Dad had been sober for the last couple years. Rod, also alcoholic, had not, and I thought at first he was blasted at Dad’s funeral, shuffling and stumbling in a crooked clip-on bow tie. No, he was overwhelmed, ripped apart, feeling guilty beyond anything I can imagine.

Dad’s version of a skewed sense of humor came out in song parodies and oft-repeated bits of nonsense (some unique, some culturally inherited). It flourished most in the mornings and on weekends. A term of fondness for family members was “poodlefipper.” When he (or a politician) made a particularly bone-headed blunder, he’d refer to it as “wandering around like a lost fart in a hailstorm.” 

I thought I should toss in a few of the things I remember of my father’s random repertoire. Weird and inexplicable, much of it, but I like it that way.

Here lie the collected oddities of Joseph Hill Rogers Davis, Sr.:

(Some of these show up in online searches, others not)

Well, well, well – How many wells make a river?

Jesus Christ almighty, A mouse ran up my nightie

A tutor who tootled the flute, Tried to tutor two tooters to toot (I’m sure there were followup lines)

Bi carbonate bi soda by gosh (ummm…)

Pity ’tis, ’tis true, Tis for sore feet. (takeoff on Hamlet?)

“How do you like your oysters?” “Raw, raw, raw!” (chanted as a sports cheer)

Okey dokey puddin’ ‘n’ okey

It isn’t the cough that carries you off, It’s the coffin they carry you off in.

I’m going crazy, do you want to go along?

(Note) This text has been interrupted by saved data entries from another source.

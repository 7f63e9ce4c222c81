-- ===== src/Linux/Kept.antt =====
-- What each call of the kernel leaves as it was, as the parameter of the frame lemmas: a preorder on
-- states that every call keeps, the calls that open something taken with their closing.
use kube_ovn_dra_driver.Prelude.{ℕ, String, ◌≢◌, Error, List, Result, ok, err}
use kube_ovn_dra_driver.Exec.{Exec}
use kube_ovn_dra_driver.Exec.Frames.{IsPreorder, Frames}
use kube_ovn_dra_driver.Exec.Sealed.{deferring, Frames-bind, Frames-wrapping}
use kube_ovn_dra_driver.Dhcp.{Handler}
use kube_ovn_dra_driver.Linux.{
  Kernel, Scope, Request, Listener, add_route, with_netns, with_handle, switched_to, opened, leave,
}

-- A request that adds no default route.
abbrev pub NotDefault : Request → Type 0
NotDefault (add_route link dst gw) = dst.ones ≢ 0
NotDefault _ = Unit {0}

-- What the calls that open nothing keep.
pub record Plain {W : Type 0} (R : W → W → Type 0) (k : Kernel W) : Type 0 where
  pub link : (s : Scope) (name : String) → Frames R (k.link_by_name s name)
  pub request : (s : Scope) (r : Request) → NotDefault r → Frames R (k.request s r)
  pub runs : (name : String) (argv : List String) (w : W) → R w (k.run name argv w).1
  pub interface : (name : String) → Frames R (k.interface_by_name name)
  pub listened : (laddr : String) → Frames R (k.listen_packet laddr)
  pub controlled : (conn : ℕ) → Frames R (k.set_control_message conn)
  pub conn_closed : (conn : ℕ) (w : W) → R w (k.close_conn conn w)
  pub listener_closed : (l : Listener) → Frames R (k.close_listener l)
  pub served : (l : Listener) (h : Handler) (w : W) → R w (k.serve l h w)

pub record Kept {W : Type 0} (R : W → W → Type 0) (k : Kernel W) : Type 1 where
  pub pre : IsPreorder R
  pub plain : Plain R k
  pub netns :
      {A : Type 0} (path : String) (failed : Error → Exec W A) (body : ℕ → Exec W A)
      → ((e : Error) → Frames R (failed e))
      → ((n : ℕ) → Frames R (body n))
      → Frames R (with_netns k path failed body)
  pub handled :
      {A : Type 0} (ns : ℕ) (failed : Error → Exec W A) (body : ℕ → Exec W A)
      → ((e : Error) → Frames R (failed e))
      → ((n : ℕ) → Frames R (body n))
      → Frames R (with_handle k ns failed body)
  pub switched : {A : Type 0} (ns : ℕ) (m : Exec W A) → Frames R m → Frames R (switched_to k ns m)

-- Where each call by itself keeps the relation, so do the brackets.
module _ {W : Type 0} {R : W → W → Type 0} (p : IsPreorder R) {A : Type 0} where
  pub deferring-Frames :
      (undo : W → W) (m : Exec W A)
      → ((w : W) → R w (undo w))
      → Frames R m
      → Frames R (deferring undo m)
  unfolding deferring
  deferring-Frames undo m u km = record { at = λ w. p.trans_at w _ _ (km.at w) (u (m w).1) }

  opened_kept :
      (k : Kernel W) (close : ℕ → W → W) (failed : Error → Exec W A) (body : ℕ → Exec W A) (w : W)
      (r : Result ℕ × W)
      → R w r.1
      → ((n : ℕ) (v : W) → R v (close n v))
      → ((e : Error) → Frames R (failed e))
      → ((n : ℕ) → Frames R (body n))
      → R w (opened k close failed body r).1
  unfolding opened
  opened_kept k close failed body w (err e, v) h c kf kb = p.trans_at w v _ h ((kf e).at v)
  opened_kept k close failed body w (ok n, v) h c kf kb =
      p.trans_at w v _ h ((deferring-Frames (close n) (body n) (c n) (kb n)).at v)

  module _ (k : Kernel W) where
    pub with_netns-Frames :
        ((path : String) → Frames R (k.open_netns path))
        → ((n : ℕ) (w : W) → R w (k.close_netns n w))
        → (path : String) (failed : Error → Exec W A) (body : ℕ → Exec W A)
        → ((e : Error) → Frames R (failed e))
        → ((n : ℕ) → Frames R (body n))
        → Frames R (with_netns k path failed body)
    unfolding with_netns
    with_netns-Frames opening closing path failed body kf kb = record {
      at = λ w. opened_kept k k.close_netns failed body w _ ((opening path).at w) closing kf kb;
    }

    pub with_handle-Frames :
        ((ns : ℕ) → Frames R (k.open_handle ns))
        → ((h : ℕ) (w : W) → R w (k.close_handle h w))
        → (ns : ℕ) (failed : Error → Exec W A) (body : ℕ → Exec W A)
        → ((e : Error) → Frames R (failed e))
        → ((n : ℕ) → Frames R (body n))
        → Frames R (with_handle k ns failed body)
    unfolding with_handle
    with_handle-Frames opening closing ns failed body kf kb = record {
      at = λ w. opened_kept k k.close_handle failed body w _ ((opening ns).at w) closing kf kb;
    }

    pub switched_to-Frames :
        Frames R k.current_netns
        → ((ns : ℕ) → Frames R (k.enter_netns ns))
        → ((n : ℕ) (w : W) → R w (k.close_netns n w))
        → (ns : ℕ) (m : Exec W A) → Frames R m
        → Frames R (switched_to k ns m)
    unfolding switched_to leave
    switched_to-Frames asked entered closing ns m km =
        Frames-bind p _ _ (Frames-wrapping _ _ _ asked) λ orig.
          deferring-Frames (leave k orig) _
            (λ w. p.trans_at w _ _ ((entered orig).at w) (closing orig _))
            (Frames-bind p _ _ (Frames-wrapping _ _ _ (entered ns)) (λ _. km))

Aphrodite in her nightie (said to Mom in her morning nightgown, mainly to piss her off) 

Sound the Alamo! (boomed response to a loud sneeze or fart)

You never can tell by the bumpty-trell (totally mystifying)

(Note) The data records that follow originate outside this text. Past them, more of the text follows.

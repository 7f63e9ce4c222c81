-- ===== src/Linux/Links/Frames.antt =====
-- The operations on links keep what the kernel's calls keep.
use kube_ovn_dra_driver.Prelude.{ℕ, String, Option, none, some}
use kube_ovn_dra_driver.Exec.Frames.{Frames}
use kube_ovn_dra_driver.Exec.Sealed.{frames_rules}
use kube_ovn_dra_driver.Linux.{Kernel, Link}
use kube_ovn_dra_driver.Linux.Kept.{Kept}
use kube_ovn_dra_driver.Linux.Links.{
  set_peer_mtu, limit_peer, add_pair, create_veth_pair, rename_inside, move_to, move_into_netns,
  primary_mtu, delete_found, cleanup_host_veth,
}

module _ {W : Type 0} {R : W → W → Type 0} {k : Kernel W} (kept : Kept R k) where
  set_peer_mtu-Frames : (mtu : ℕ) (o : Option Link) → Frames R (set_peer_mtu k mtu o)
  unfolding set_peer_mtu
  set_peer_mtu-Frames mtu none = search (frames_rules, kept.pre)
  set_peer_mtu-Frames mtu (some peer) = search (frames_rules, kept.pre, kept.plain.request, tt)

  limit_peer-Frames : (pod : String) (mtu : ℕ) → Frames R (limit_peer k pod mtu)
  unfolding limit_peer
  limit_peer-Frames pod mtu = search (frames_rules, kept.pre, kept.plain.link, set_peer_mtu-Frames)

  add_pair-Frames :
      (host pod : String) (mtu : ℕ) (o : Option Link) → Frames R (add_pair k host pod mtu o)
  unfolding add_pair
  add_pair-Frames host pod mtu (some found) = search (frames_rules, kept.pre)
  add_pair-Frames host pod mtu none =
      search (frames_rules, kept.pre, kept.plain.link, kept.plain.request, tt, limit_peer-Frames)

  pub create_veth_pair-Frames :
      (host pod : String) (mtu : ℕ) → Frames R (create_veth_pair k host pod mtu)
  unfolding create_veth_pair
  create_veth_pair-Frames host pod mtu =
      search (frames_rules, kept.pre, kept.plain.link, add_pair-Frames)

  rename_inside-Frames : (pod iface : String) (h : ℕ) → Frames R (rename_inside k pod iface h)
  unfolding rename_inside
  rename_inside-Frames pod iface h =
      search (frames_rules, kept.pre, kept.plain.link, kept.plain.request, tt)

  move_to-Frames :
      (pod path iface : String) (ns : ℕ) (o : Option Link)
      → Frames R (move_to k pod path iface ns o)
  unfolding move_to
  move_to-Frames pod path iface ns (some moved) = search (frames_rules, kept.pre)
  move_to-Frames pod path iface ns none = search (
    frames_rules, kept.pre, kept.plain.link, kept.plain.request, tt, kept.handled,
    rename_inside-Frames,
  )

  pub move_into_netns-Frames :
      (pod path iface : String) → Frames R (move_into_netns k pod path iface)
  unfolding move_into_netns
  move_into_netns-Frames pod path iface =
      search (frames_rules, kept.pre, kept.plain.link, kept.netns, kept.handled, move_to-Frames)

  pub primary_mtu-Frames : (path : String) → Frames R (primary_mtu k path)
  unfolding primary_mtu
  primary_mtu-Frames path =
      search (frames_rules, kept.pre, kept.plain.link, kept.netns, kept.handled)

  delete_found-Frames : (host : String) (o : Option Link) → Frames R (delete_found k host o)
  unfolding delete_found
  delete_found-Frames host none = search (frames_rules, kept.pre)
  delete_found-Frames host (some link) = search (frames_rules, kept.plain.request, tt)

  pub cleanup_host_veth-Frames : (host : String) → Frames R (cleanup_host_veth k host)
  unfolding cleanup_host_veth
  cleanup_host_veth-Frames host =
      search (frames_rules, kept.pre, kept.plain.link, delete_found-Frames)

If Dr. Jekyll died, where would Mr. Hyde? (I’d guess English music hall)

Jesus Christ … and Stonewall Jackson – two of the finest men who ever lived (not politically correct)

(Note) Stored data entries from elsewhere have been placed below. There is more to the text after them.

-- ===== src/Linux/Ovs/Frames.antt =====
-- The commands on the OVS database keep what the kernel's calls keep.
use kube_ovn_dra_driver.Prelude.{String, List, [], ◌∷◌}
use kube_ovn_dra_driver.Exec.Frames.{Frames}
use kube_ovn_dra_driver.Exec.Sealed.{frames_rules}
use kube_ovn_dra_driver.Store.{Spec}
use kube_ovn_dra_driver.Linux.{Kernel, Texts}
use kube_ovn_dra_driver.Linux.Kept.{Kept}
use kube_ovn_dra_driver.Linux.Links.Frames.{cleanup_host_veth-Frames}
use kube_ovn_dra_driver.Linux.Ovs.{
  command, ovs_vsctl, attach_to_ovs, detach_from_ovs, detach_port, detach_ports, detach_found,
  detach_pod_ports,
}

module _ {W : Type 0} {R : W → W → Type 0} {k : Kernel W} (kept : Kept R k) (t : Texts) where
  pub command-Frames :
      (f : String) (args : List String) (name : String) (argv : List String)
      → Frames R (command k t f args name argv)
  unfolding command
  command-Frames f args name argv = record { at = λ w. kept.plain.runs name argv w }

  pub ovs_vsctl-Frames : (argv : List String) → Frames R (ovs_vsctl k t argv)
  unfolding ovs_vsctl
  ovs_vsctl-Frames argv = search (frames_rules, kept.pre, command-Frames)

  pub attach_to_ovs-Frames : (host : String) (spec : Spec) → Frames R (attach_to_ovs k t host spec)
  unfolding attach_to_ovs
  attach_to_ovs-Frames host spec = ovs_vsctl-Frames _

  pub detach_from_ovs-Frames :
      (host : String) (spec : Spec) → Frames R (detach_from_ovs k t host spec)
  unfolding detach_from_ovs
  detach_from_ovs-Frames host spec = ovs_vsctl-Frames _

  detach_port-Frames : (name : String) → Frames R (detach_port k t name)
  unfolding detach_port
  detach_port-Frames name =
      search (frames_rules, kept.pre, ovs_vsctl-Frames, cleanup_host_veth-Frames kept)

  detach_ports_kept : (names : List String) (w : W) → R w (detach_ports k t names w).1
  unfolding detach_ports
  detach_ports_kept [] w = kept.pre.refl_at w
  detach_ports_kept (name ∷ names) w =
      kept.pre.trans_at w _ _ ((detach_port-Frames name).at w)
        (detach_ports_kept names (detach_port k t name w).1)

  detach_found-Frames : (names : List String) → Frames R (detach_found k t names)
  unfolding detach_found
  detach_found-Frames names = record { at = detach_ports_kept names }

  pub detach_pod_ports-Frames :
      (name namespace : String) → Frames R (detach_pod_ports k t name namespace)
  unfolding detach_pod_ports
  detach_pod_ports-Frames name namespace =
      search (frames_rules, kept.pre, command-Frames, detach_found-Frames)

I’ll tell you a story of Jack Inorey, Now my story’s begun. I’ll tell you another  about his brother, And now my story is done. (found versions online; I incorporated it into our local vaudeville show)

(sung) Oh hell, oh hell,

Oh Helen, I love you.

Your feet, your feet

Your features are divine (again, likely English music hall)

Gaius Julius Caesar

With his well-developed beezer

That they called his Roman sneezer

In the days that are no more.

Through the cuticle and cutus

He was stabbed by his friend Brutus…

He was sore. (Something he may – or may not – have picked up somewhere)

Why didn’t my father’s old-man requests for termination by bullet bother me?

For one thing, our family’s never been suicidal. We might think about it, but we’re not going to do it. We take what life dishes out with simple bad grace.

Still, I didn’t register it as a metaphor. I probably accepted it as a reasonable and accurate summation of a dead-end life for a man mentally confining himself to his bed after days of doing things he’d never wanted to do, being married to a woman he didn’t love (and perhaps no one could have loved), his two elder sons no longer at home to protect his sanity, speaking occasionally to a remaining child as insular and subdued as he.

How sad are such things? They’re as sad as your memory chooses to make them. But when you’re growing up, they’re just what is, like the bland, faded portraits of flowers on the walls; the framed drawing of a cockatoo in its oversized, stained matting; the white porcelain lion with one cracked leg that lived on the mantel.